Eppure, spesso le virgole vengono messe a caso o non messe affatto, i punti si perdono nel mare di lettere, il punto e virgola molti non sanno quando debba essere utilizzato, i puntini di sospensione vengono abusati, così come il punto esclamativo e quello di domanda.
- C’è chi ritiene che il congiuntivo non abbia motivo di esistere. È probabile che (il sentimento sia reciproco) la persona in questione non sappia coniugarlo.
Il congiuntivo è il modo verbale della possibilità e dell’incertezza, che si usa per esprimere dubbi e ipotesi (“Che sia opera sua?”), ma anche auguri e desideri (“Spero che tu possa realizzare tutti i tuoi sogni”), esortazioni e ordini (“Esca immediatamente!”). Non viene usato spesso e, peggio ancora, a volte viene sostituito con il condizionale (chi può vantarsi di non aver mai sentito dire “se avrei”?), anche se, è bene dirlo, in alcuni casi è ammesso il se + condizionale.
- Quasi tutti hanno scritto ‘squola’ almeno una volta. Confondere le lettere C e Q è il tipico errore dei bambini che stanno imparando a scrivere, uno di quelli che riesce a strappare un sorriso anche ai maestri più esasperati. È meno divertente quando, a farlo, sono gli adulti.

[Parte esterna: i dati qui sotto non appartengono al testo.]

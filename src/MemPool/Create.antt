-- ===== src/MemPool/Create.antt =====
-- CreateMemoryPool and CreateMemoryPoolStatic: what pool they leave, and where its blocks stand.
use freertos_addons.Prelude.{
  Option, ℕ, ◌+◌, ◌*◌, ◌≤◌, ◌<◌, ◌≡◌, ◌≢◌, refl, true, false, none, some, List, [], ◌∷◌, arith, has,
  ◌==◌, int_max, ap, ◌∙◌, leb, ◌-◌, ℤ, pos, narrow,
}
use freertos_addons.Machine.{ok}
use freertos_addons.Memory.{Ptr, null, write}
use freertos_addons.Memory.Write.{write_self}
use freertos_addons.Rtos.{Rtos, IsRtos}
use freertos_addons.Stack.{head_of}
use freertos_addons.Stack.Lifo.{OnlyStack, init_stack-LeavesStack}
use freertos_addons.Stack.Runs.{IsMapped}
use freertos_addons.World
use freertos_addons.World.{
  World, PoolInfo, Fresh, malloc, free, get_info, update_info, buffer_offset, inside, map_mem,
  map_region,
}
use freertos_addons.World.Locks.{update_info_lem}
use freertos_addons.MemPool.{
  stack_of, init_pool, calculate_and_verify_alignment, calculate_item_size, product,
  create_memory_pool, struct_size,
}
use freertos_addons.MemPool.Sizes.{accepted_alignment}
use freertos_addons.MemPool.Blocks.{IsPool}
use freertos_addons.MemPool.Fill.{stacked, push_blocks_lem, stacked_apart, stacked_within}

module _ (os : Rtos) (w : World os.Kernel) (pool : Ptr) (size alignment : ℕ) where
  -- The handle that the kernel makes.
  abbrev pub new_lock : Ptr
  new_lock = (os.create_mutex w.kernel).0

  abbrev pub new_info : PoolInfo
  new_info = record { lock = new_lock; item_size = size; alignment = alignment }

  -- Without a lock, the memory is given back.
  pub init_pool-null :
      {info : PoolInfo} {bytes : ℕ}
      → pool ≢ null
      → new_lock ≡ null
      → w.pool pool ≡ some info
      → w.blocks pool ≡ some bytes
      → (w' : World os.Kernel) × (init_pool os pool size alignment w ≡ ok false w')
        × (w'.blocks pool ≡ none)
        × ((a : Ptr) → a ≢ pool → w'.blocks a ≡ w.blocks a)
  unfolding init_pool World.create_mutex free
  init_pool-null {info} {bytes} ne failed fields block =
      let w₁ : World os.Kernel = record w { kernel = (os.create_mutex w.kernel).1 } in
      let test : (new_lock == null) ≡ true = ground arith in
      let w₂ : World os.Kernel = record w₁ {
        pool = write w₁.pool pool (record info { lock = new_lock });
      } in
      (
        World.released pool bytes w₂,
        rw
            (
              update_info_lem w₁ pool {info = info} (λ i. record i { lock = new_lock }) ne fields,
              test,
              block,
            )
            refl,
        ground arith,
        λ a other. ground arith,
      )

  -- With a lock, the pool is there, and no block is free yet.
  pub init_pool-IsPool :
      (laws : IsRtos os) {info : PoolInfo} {c : ℤ} {q : Ptr}
      → pool ≢ null
      → new_lock ≢ null
      → w.pool pool ≡ some info
      → w.mem.count (stack_of pool) ≡ some c
      → w.mem.sl_next (head_of (stack_of pool)) ≡ some q
      → (w' : World os.Kernel) × (init_pool os pool size alignment w ≡ ok true w')
        × IsPool os w' pool new_info []
        × OnlyStack (stack_of pool) (head_of (stack_of pool) ∷ []) w.mem w'.mem
        × (w'.blocks ≡ w.blocks)
  unfolding init_pool World.create_mutex
  init_pool-IsPool laws {info} ne locked fields count head =
      let stack = init_stack-LeavesStack w.mem (stack_of pool) (omega arith) count head in
      let w₁ : World os.Kernel = record w { kernel = (os.create_mutex w.kernel).1 } in
      let info₁ : PoolInfo = record info { lock = new_lock } in
      let w₂ : World os.Kernel = record w₁ { pool = write w₁.pool pool info₁ } in
      let w₃ : World os.Kernel = record w₂ { mem = stack.after } in
      let info₂ : PoolInfo = record info₁ { item_size = size } in
      let w₄ : World os.Kernel = record w₃ { pool = write w₃.pool pool info₂ } in
      let w₅ : World os.Kernel = record w₄ { pool = write w₄.pool pool new_info } in
      let test : (new_lock == null) ≡ false = ground arith in
      (
        w₅,
        rw
            (
              update_info_lem w₁ pool {info = info} (λ i. record i { lock = new_lock }) ne fields,
              test,
              stack.runs,
              update_info_lem w₃ pool {info = info₁} (λ i. record i { item_size = size }) ne
                  (write_self w₁.pool pool info₁),
              update_info_lem w₄ pool {info = info₂} (λ i. record i { alignment = alignment }) ne
                  (write_self w₃.pool pool info₂),
            )
            refl,
        record {
          ne_null = ne;
          fields = write_self w₄.pool pool new_info;
          unlocked = laws.create_mutex_available w.kernel locked;
          stack = stack.holds;
        },
        stack.only,
        refl,
      )

-- Blocks of `size` bytes between two addresses, of which no two overlap.
pub record Placed (from to size : ℕ) (xs : List Ptr) : Type 0 where
  pub within : (a : Ptr) → has a xs ≡ true → (from ≤ a) × (a + size ≤ to)
  pub apart : (a b : Ptr) → has a xs ≡ true → has b xs ≡ true → a < b → a + size ≤ b

pub stacked-Placed :
    (n ptr size to : ℕ) → ptr + n * size ≤ to → Placed ptr to size (stacked n ptr size [])
stacked-Placed n ptr size to room = record {
  within = λ a i. let (low, high) = stacked_within n ptr size a i in (low, omega arith);
  apart = stacked_apart n ptr size;
}

-- malloc of a number of bytes that an `int` holds.
pub malloc_int :
    {K : Type 0} (w : World K) (new : Fresh) (bytes : ℕ)
    → new.address ≢ null
    → bytes ≤ int_max
    → malloc new (narrow (pos bytes)) w ≡ ok new.address (World.obtained new bytes w)
unfolding malloc
malloc_int w new bytes ne fits =
    let test : (new.address == null) ≡ false = ground arith in
    let in_range : leb bytes int_max ≡ true = ground arith in rw (in_range, test) refl

-- The memory that malloc has handed out can hold the structure and `n` blocks.
pub created_fields :
    {K : Type 0} (w : World K) (new : Fresh) (bytes : ℕ)
    → struct_size - 1 ≤ bytes
    → ((World.obtained new bytes w).pool new.address ≡ some (new.infos new.address))
      × ((World.obtained new bytes w).mem.count (stack_of new.address)
          ≡ some (new.ints (stack_of new.address)))
      × ((World.obtained new bytes w).mem.sl_next (head_of (stack_of new.address))
          ≡ some (new.pointers (head_of (stack_of new.address))))
created_fields w new bytes enough = (ground arith, ground arith, ground arith)

created_block :
    {K : Type 0} (w : World K) (new : Fresh) (n size i : ℕ)
    → i < n
    → 0 < size
    → IsMapped
        (World.obtained new (struct_size - 1 + n * size) w).mem
        (new.address + buffer_offset + i * size)
created_block w new n size i lt positive =
    let room : i * size + size ≤ n * size = grind arith in
    (new.pointers (new.address + buffer_offset + i * size), ground arith)

module _ (os : Rtos) (laws : IsRtos os) (w : World os.Kernel) (new : Fresh) where
  -- CreateMemoryPool, where the alignment is accepted, `size` is the block size that
  -- CalculateItemSize returns, all sizes fit an `int`, and malloc and the kernel have what it
  -- takes, returns a pool whose lock is free and whose free blocks are `n` blocks of that size; the
  -- blocks lie within the memory that malloc handed out and do not overlap.
  pub create_memory_pool-IsPool :
      (item_size alignment : ℤ) (a n size : ℕ)
      → calculate_and_verify_alignment alignment ≡ some a
      → ((s : World os.Kernel) → calculate_item_size item_size a s ≡ ok size s)
      → 0 < size
      → struct_size + n * size ≤ int_max
      → n ≤ int_max
      → new.address ≢ null
      → (os.create_mutex w.kernel).0 ≢ null
      → (w' : World os.Kernel) × (create_memory_pool os new item_size (pos n) alignment w
          ≡ ok new.address w')
        × IsPool os w' new.address
            (record { lock = (os.create_mutex w.kernel).0; item_size = size; alignment = a })
            (stacked n (new.address + buffer_offset) size [])
        × (w'.blocks new.address ≡ some (struct_size - 1 + n * size))
        × Placed
            (new.address + buffer_offset)
            (new.address + (struct_size - 1 + n * size))
            size
            (stacked n (new.address + buffer_offset) size [])
  unfolding create_memory_pool product
  create_memory_pool-IsPool item_size alignment a n size accepted sized positive fits count ne
        locked =
      let bytes = struct_size - 1 + n * size in
      let w₁ = World.obtained new bytes w in
      let (fields, counted, head) = created_fields w new bytes (omega arith) in
      let (w₂, ready, empty, only, same_blocks) =
        init_pool-IsPool os w₁ new.address size a laws ne locked fields counted head in
      let large = accepted_alignment alignment a accepted in
      let test : (a == 0) ≡ false = ground arith in
      let test' : (new.address == null) ≡ false = ground arith in
      let in_range : leb (n * size) int_max ≡ true = ground arith in
      let (m', filled, stack) =
        push_blocks_lem n w₂ (stack_of new.address) (new.address + buffer_offset) size [] (record {
          holds = empty.stack;
          positive = positive;
          ne_null = omega arith;
          apart = λ i lt. ground arith;
          mapped = λ i lt.
              let (q, at) = created_block w new n size i lt positive in
              (q, only.same_next (new.address + buffer_offset + i * size) (ground arith) ∙ at);
          counts = omega arith;
        }) in
      (
        record w₂ { mem = m' },
        rw
            (
              accepted,
              test,
              sized,
              in_range,
              malloc_int w new bytes ne (omega arith),
              test',
              ready,
              filled,
            )
            refl,
        record { ne_null = ne; fields = empty.fields; unlocked = empty.unlocked; stack = stack },
        ap (λ (f : Ptr → Option ℕ). f new.address) same_blocks
            ∙ write_self w.blocks new.address bytes,
        stacked-Placed n (new.address + buffer_offset) size (new.address + bytes) (omega arith),
      )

- Gli / le. L’uso dei pronomi è qualcosa su cui gli italiani tendono a confondersi spesso, benché la regola sia semplice. ‘Le’ si utilizza per riferirsi a soggetti femminili (“Le ho riferito la notizia”), mentre ‘gli’ per quelli maschili (“Gli ho detto che non può farlo”).
- La D eufonica. C’è chi la usa troppo e chi non la usa affatto. La verità è che va usata con parsimonia: ‘ad’, ‘ed’ e ‘od’ si usano solo quando sono seguite da una parola che cominci con la stessa vocale (“Ed ecco”).
- Sia nello scritto che nel parlato, alcune parole vengono storpiate: lettere sostituite, consonanti sparite nel nulla, apostrofi aggiunti o tolti . I ‘purtroppo’ diventano ‘pultroppo’, i ‘proprio’, ‘propio’, i ‘d’accordo’, ‘daccordo’, e così via.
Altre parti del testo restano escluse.